Something else that really worries me is the rubbish about renewables being put about by equally clueless politicians such as Shorten with his ” we’ll run the whole show with 50 % renewables by 2030 ( or 2050.. I can’t remember the details). I also recall hearing the new chief scientist sprouting the same line,on the ABC radio. If this is the best we can expect from our ” leaders” then we are in serious trouble.
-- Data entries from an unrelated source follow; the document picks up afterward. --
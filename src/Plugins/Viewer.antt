-- ===== src/Plugins/Viewer.antt =====
-- plugins/client_viewer/client_viewer.cpp: the window that shows the client's picture, and what it sends. The
-- clock is given. Arguments below it reads the command line. Products of coordinates do not overflow.
pub mod Clicks
pub mod Arguments
pub mod Shown
use protocol_design.Prelude.{
  ℕ, suc, ◌+◌, ◌-◌, ◌*◌, ◌/◌, ◌^◌, List, [], ◌∷◌, Bool, true, false, not, ◌&&◌, Option, none, some,
  if◌then◌else◌, ◌==◌, ltb, u32,
}
use protocol_design.Prelude.Int.{ℤ, pos, negsuc, is_positive, of_u32, less, magnitude}
use protocol_design.Common.Rect.{UiRect, RectOps}
use protocol_design.Common.InputEvent.{
  GkcConstants, UiMessageMouse, UiMessageKeyboard, InputEventType, mouse_move, mouse_left_down,
  mouse_left_up, mouse_right_down, mouse_right_up, mouse_scroll, key_down, key_up,
  pack_mouse_input_event, pack_keyboard_input_event,
}
use protocol_design.Client.Renderer.{PixelRenderer, Colors, reset, blit_scaled_to_fit}
use protocol_design.Client.Runtime.{Client, send_input_event, stop, start}

pub record ViewerOptions : Type 0 where
  pub gateway_host : List ℕ
  pub gateway_port : ℕ
  pub app_name : List ℕ
  pub offline : Bool
  pub canvas_width : ℕ
  pub canvas_height : ℕ
  pub display_scale : ℕ

-- "127.0.0.1" and "demo_app".
abbrev pub default_options : ViewerOptions
default_options = record {
  gateway_host = b'1' ∷ b'2' ∷ b'7' ∷ b'.' ∷ b'0' ∷ b'.' ∷ b'0' ∷ b'.' ∷ b'1' ∷ [];
  gateway_port = 19000;
  app_name = b'd' ∷ b'e' ∷ b'm' ∷ b'o' ∷ b'_' ∷ b'a' ∷ b'p' ∷ b'p' ∷ [];
  offline = true;
  canvas_width = 32;
  canvas_height = 16;
  display_scale = 10;
}

-- An argument, with the number that `std::stoi` reads from its value.
pub data Arg : Type 0 where
  host_arg app_arg : List ℕ → Arg
  port_arg width_arg height_arg scale_arg : ℤ → Arg
  offline_arg other_arg : Arg

-- A round of the loop over the arguments.
unfoldable pub read_arg : Arg → ViewerOptions → ViewerOptions
read_arg (host_arg value) out = record out { gateway_host = value; offline = false }
read_arg (port_arg port) out = record out {
  gateway_port =
      if is_positive port && not (less (pos 65535) port) then magnitude port else out.gateway_port;
  offline = false;
}
read_arg (app_arg value) out = record out { app_name = value }
read_arg offline_arg out = record out { offline = true }
read_arg (width_arg v) out = record out {
  canvas_width = if is_positive v then magnitude v else out.canvas_width;
}
read_arg (height_arg v) out = record out {
  canvas_height = if is_positive v then magnitude v else out.canvas_height;
}
read_arg (scale_arg v) out = record out {
  display_scale = if is_positive v then magnitude v else out.display_scale;
}
read_arg other_arg out = out

-- x * canvas / display, which is rounded towards zero, as the pattern of an `int`.
abbrev scaled : ℕ → ℕ → ℤ → ℕ
scaled canvas display (pos n) = n * canvas / display
scaled canvas display (negsuc n) = u32 (2 ^ 32 - suc n * canvas / display)

unfoldable pub logical : ℕ → ℕ → ℕ → ℕ
logical canvas display x = if ltb 0 display then scaled canvas display (of_u32 x) else 0

unfoldable pub mouse_event_type : GkcConstants → UiMessageMouse → InputEventType
mouse_event_type gkc m =
    if m.event == gkc.event_down && m.button == gkc.button_left
    then mouse_left_down
    else if m.event == gkc.event_up && m.button == gkc.button_left
    then mouse_left_up
    else if m.event == gkc.event_down && m.button == gkc.button_right
    then mouse_right_down
    else if m.event == gkc.event_up && m.button == gkc.button_right
    then mouse_right_up
    else if m.event == gkc.event_wheel
    then mouse_scroll
    else mouse_move

pub record Viewer : Type 0 where
  pub renderer : PixelRenderer
  pub runtime : Client
  pub canvas_width : ℕ
  pub canvas_height : ℕ
  pub display_width : ℕ
  pub display_height : ℕ
  pub draw_count : ℕ

-- `Start`, if the window can be created.
unfoldable pub start_viewer : Colors → ViewerOptions → Viewer → Viewer
unfolding reset start
start_viewer colors options v =
    let renderer =
      reset (pos options.canvas_width) (pos options.canvas_height) colors.blue v.renderer in
    record {
      renderer = renderer;
      runtime =
          if not options.offline
          then (start options.app_name true (some renderer) true v.runtime).1
          else v.runtime;
      canvas_width = options.canvas_width;
      canvas_height = options.canvas_height;
      display_width = options.canvas_width * options.display_scale;
      display_height = options.canvas_height * options.display_scale;
      draw_count = v.draw_count;
    }

unfoldable pub draw_viewer : RectOps → List ℕ → ℕ → ℕ → UiRect → Viewer → List ℕ × Viewer
unfolding blit_scaled_to_fit
draw_viewer ops buf width height paint v = (
  blit_scaled_to_fit ops buf width height paint v.renderer,
  record v { draw_count = v.draw_count + 1 },
)

-- The point of the picture that an event of the mouse is for.
unfoldable pub mouse_position : UiMessageMouse → Viewer → ℕ × ℕ
unfolding logical
mouse_position m v =
    (logical v.canvas_width v.display_width m.x, logical v.canvas_height v.display_height m.y)

-- The event is sent, unless packing it writes past its end.
abbrev send_packed : Option (List ℕ) → Viewer → Option Viewer
send_packed none v = none
send_packed (some body) v = some (record v { runtime = (send_input_event body v.runtime).1 })

module _ (little : Bool) (gkc : GkcConstants) (timestamp_us : ℕ) where
  unfoldable pub mouse_on_viewer : UiMessageMouse → Viewer → Option Viewer
  unfolding mouse_event_type mouse_position pack_mouse_input_event
  mouse_on_viewer m v =
      let (x, y) = mouse_position m v in
      send_packed (pack_mouse_input_event little (mouse_event_type gkc m) x y timestamp_us) v

  unfoldable pub keyboard_on_viewer : UiMessageKeyboard → Viewer → Option Viewer
  unfolding pack_keyboard_input_event
  keyboard_on_viewer kb v =
      send_packed
        (pack_keyboard_input_event little (if kb.down == 0 then key_up else key_down) kb.key
          timestamp_us)
        v

unfoldable pub close_viewer : Viewer → Viewer
unfolding stop
close_viewer v = record v { runtime = stop v.runtime }
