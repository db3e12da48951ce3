-- ===== src/Plugins/Viewer/Arguments.antt =====
-- parse_options of plugins/client_viewer/client_viewer.cpp on the text of the command line, and the window
-- that it starts. `std::stoi` throws where it reads no `int`, and nothing catches that.
use Prim.Native.Nat.{◌^◌}
use protocol_design.Prelude.{
  ℕ, ◌++◌, false, List, [], ◌∷◌, Bool, true, Option, none, some, if◌then◌else◌, ltb,
}
use protocol_design.Prelude.Int.{ℤ, pos, negsuc}
use protocol_design.Prelude.Text.{codes, strip, c_str, is_space, strtol}
use protocol_design.Plugins.Viewer.{
  ViewerOptions, default_options, Arg, host_arg, app_arg, port_arg, width_arg, height_arg,
  scale_arg, offline_arg, other_arg, read_arg,
}

abbrev is_end : List ℕ → Bool
is_end [] = true
is_end (c ∷ s) = is_space c

abbrev onto_first : ℕ → List (List ℕ) → List (List ℕ)
onto_first c [] = (c ∷ []) ∷ []
onto_first c (word ∷ words) = (c ∷ word) ∷ words

-- `while (parts >> token)`: the words between white space.
unfoldable pub words : List ℕ → List (List ℕ)
words [] = []
words (c ∷ s) =
    let rest = words s in
    if is_space c then rest else if is_end s then (c ∷ []) ∷ rest else onto_first c rest

unfoldable pub tokens : List (List ℕ) → List (List ℕ)
unfolding words
tokens [] = []
tokens (arg ∷ args) = words arg ++ tokens args

abbrev fits_int : ℤ → Bool
fits_int (pos n) = ltb n (2 ^ 31)
fits_int (negsuc n) = ltb n (2 ^ 31)

-- std::stoi; `none` is an exception.
unfoldable pub stoi : List ℕ → Option ℤ
stoi s = elim (strtol false (c_str s)) [
  | none ↦ none
  | some (v, end) ↦ if fits_int v then some v else none
]

abbrev number_arg : (ℤ → Arg) → List ℕ → Option Arg
number_arg arg value = elim (stoi value) [ none ↦ none | some v ↦ some (arg v) ]

-- No other option starts with `--offline`.
abbrev whole : List ℕ → Arg
whole [] = offline_arg
whole (c ∷ s) = other_arg

-- The options in the order in which they are tried, and what is made of the rest of the argument.
abbrev pub option_table : List (List ℕ × (List ℕ → Option Arg))
option_table =
    (codes "--gateway-host=", λ value. some (host_arg value))
    ∷ (codes "--gateway-port=", number_arg port_arg)
    ∷ (codes "--app=", λ value. some (app_arg value))
    ∷ (codes "--offline", λ value. some (whole value))
    ∷ (codes "--canvas-width=", number_arg width_arg)
    ∷ (codes "--canvas-height=", number_arg height_arg)
    ∷ (codes "--display-scale=", number_arg scale_arg)
    ∷ []

unfoldable pub first_match : List (List ℕ × (List ℕ → Option Arg)) → List ℕ → Option Arg
first_match [] arg = some other_arg
first_match ((prefix, read) ∷ options) arg = elim (strip prefix arg) [
  | none ↦ first_match options arg
  | some value ↦ read value
]

-- The loop over the arguments.
unfoldable pub read_tokens : List (List ℕ) → ViewerOptions → Option ViewerOptions
unfolding first_match read_arg
read_tokens [] out = some out
read_tokens (arg ∷ args) out = elim (first_match option_table arg) [
  | none ↦ none
  | some a ↦ read_tokens args (read_arg a out)
]

unfoldable pub parse_options : List (List ℕ) → Option ViewerOptions
unfolding tokens read_tokens
parse_options args = read_tokens (tokens args) default_options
Unprepared for the future it’s going to smack us hard.
Keep up the good fight.
David Barnes, Sydney.
One question that I’ve been asking of late is ‘with the price of solar power dropping every year, is there any relationship between this trend and its Net Energy Return?’ Put more succinctly, “Is the ERoEI of solar increasing as its price drops?’
Intuitively expect that it would be to a degree, because they are being made with lighter and lighter materials, requiring less aluminium framing and being incorporated onto surfaces such as roofing panes, rather than add-ons… so one would expect a better energy return on energy inputs.
Nobody seems to be able to answer this riddle. I expect there is a ceiling, perhaps around 7:1, if the ultimate technology can be developed. It is after all, and will always be, a very dilute energy source.
Energy density is another factor to consider.
Yes, your thinking is very flawed…but in my opinion EROI just shows the flaws of EROI as a metric.
Coal with a 100:1 EROI would need 1J of energy input for each 100J of coal produced, so the efficiency is (100-1)/100 = 99%
Oil with a 12:1 EROI would need 8.33J (1/12) to produce 100J of oil, so the efficiency would be (100-8.33)/100 = 91.67%… not as good as the coal, but still pretty good, and nowhere near the 12% you claim.
Mining coal with an ERoEI of 50 with 12:1 oil should instead be 0.98×0.9167 = 0.90. So its still a very efficient process.
The effects of EROI do however become more pronounced at low values. So using oil to produce coal to then produce solar it would drop considerably to 53%, but nowhere in the realms of the tiny percentage you calculate.
Of course a 53% efficiency isn’t good news, but not quite a doomsday scenario. Mainly means we are going to have to improve the efficiency of the end-use of energy, and/or adapt to less energy intensive lifestyles.
The real problem is the climate change from all that fossil fuel use!